Utility maximization and the rational choice theory

A consumer always wants to achieve the highest level of satisfaction from the limited amount of resources he has. His interest is in maximizing the total satisfaction he derives from his purchases. In a given economic situation, a consumer strives towards making himself as better off as possible.

He can maximize his satisfaction by reducing his expenses on certain commodities that do not yield high satisfaction and increase his expenses on those commodities that give him a higher level of satisfaction.

A consumer who aims at gaining maximum satisfaction will allocate his income between commodities such that the satisfaction he derived from the last unit of money spent on each commodity is equal.

Economists study total utility alongside the theory of rational choice and the law of diminishing marginal utility. The rational choice states that every consumer seeks to maximize his satisfaction with each consumption unit. The theory of consumer behavior and the demand theory propose that the actions of consumers are passionate towards utility maximization. This is by attempting to derive the highest satisfaction possible in the most affordable way.

The concept of origin

Origin means the smallest quantity of a commodity a consumer must consume before it will be able to yield any satisfaction. For example, a spoon of a meal cannot give any satisfaction to someone hungry. The minimum quantity of a meal which one has to take before he can start getting satisfaction varies among individuals, times, and places.

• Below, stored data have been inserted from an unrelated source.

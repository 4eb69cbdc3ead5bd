-- ===== src/Registry/Laws.antt =====
-- Laws of `GraphRegistry` in langgraph/temporal/converter.py.
use langgraph_temporal.Prelude.{String, true, false, ◌≡◌, arith, ◌==◌, eq_iff}
use langgraph_temporal.Prelude.Dict
use langgraph_temporal.Prelude.Result.{ok, err, key_error}
use langgraph_temporal.Registry.{Registry, register, make_ref, lookup, unregister}

module _ {G : Type 0} where
  pub lookup-register :
      (name hex : String) (g : G) (r : Registry G) (ref : String)
      → lookup ref (register name hex g r).1
        ≡ elim (make_ref name hex == ref) [ true ↦ ok g | false ↦ lookup ref r ]
  unfolding lookup register
  lookup-register name hex g r ref = ground (arith, Dict.get-put r.graphs (make_ref name hex) ref g)

  pub lookup-unregister :
      (gone ref : String) (r : Registry G)
      → lookup ref (unregister gone r)
        ≡ elim (gone == ref) [ true ↦ err (key_error ref) | false ↦ lookup ref r ]
  unfolding lookup unregister
  lookup-unregister gone ref r = ground (arith, Dict.get-remove r.graphs gone ref)

  -- A graph registered under a fresh reference and removed again leaves every lookup as it was.
  pub unregister-register :
      (name hex : String) (g : G) (r : Registry G) (ref : String)
      → lookup (make_ref name hex) r ≡ err (key_error (make_ref name hex))
      → lookup ref (unregister (register name hex g r).0 (register name hex g r).1) ≡ lookup ref r
  unfolding register lookup unregister
  unregister-register name hex g r ref fresh = ground (
    arith,
    Dict.get-put r.graphs (make_ref name hex) ref g,
    Dict.get-remove (Dict.put r.graphs (make_ref name hex) g) (make_ref name hex) ref,
    eq_iff (make_ref name hex) ref,
  )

The concept of independent utilities in Economics

The concept assumes that every commodity a consumer consumes is independent of another. It means that the MU of one commodity has does not have any relationship with the MU of another commodity. It also assumes that the satisfaction of a particular consumer does not affect that of another.

The law of diminishing marginal utility

The law states that the satisfaction a consumer gains from an additional unit of a commodity diminishes. That is, as a consumer acquires a larger quantity of a commodity, its MU decreases. In other words, the satisfaction consumer derives from a commodity decreases as the consumption of that commodity increases.

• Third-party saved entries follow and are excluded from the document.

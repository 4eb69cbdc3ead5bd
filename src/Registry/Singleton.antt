-- ===== src/Registry/Singleton.antt =====
-- `GraphRegistry.get_instance` and `reset`: the instance of the class, made on first use.
use langgraph_temporal.Prelude.{◌≡◌, refl, Option, none, some}
use langgraph_temporal.Registry.{Registry, empty_registry}

-- The class attribute `_instance`.
module _ {G : Type 0} where
  -- The registry that is returned, and the attribute after the call.
  unfoldable pub get_instance : Option (Registry G) → Registry G × Option (Registry G)
  get_instance none = (empty_registry, some empty_registry)
  get_instance (some r) = (r, some r)

  -- A second call returns the instance of the first.
  pub get_instance_twice :
      (c : Option (Registry G)) → get_instance (get_instance c).1 ≡ get_instance c
  unfolding get_instance
  get_instance_twice none = refl
  get_instance_twice (some r) = refl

For example, if someone is thirsty, he’s likely to rush a cup of water. The first cup of water possesses a higher level of satisfaction than subsequent ones. When this person keeps drinking more cups of water, he begins to get tired of it. That is when he reaches the point of satiety, the MU is zero. At this point, the person (consumer) is perfectly satisfied, he does not derive any additional satisfaction. If this person goes further to take another cup of water, his MU becomes negative.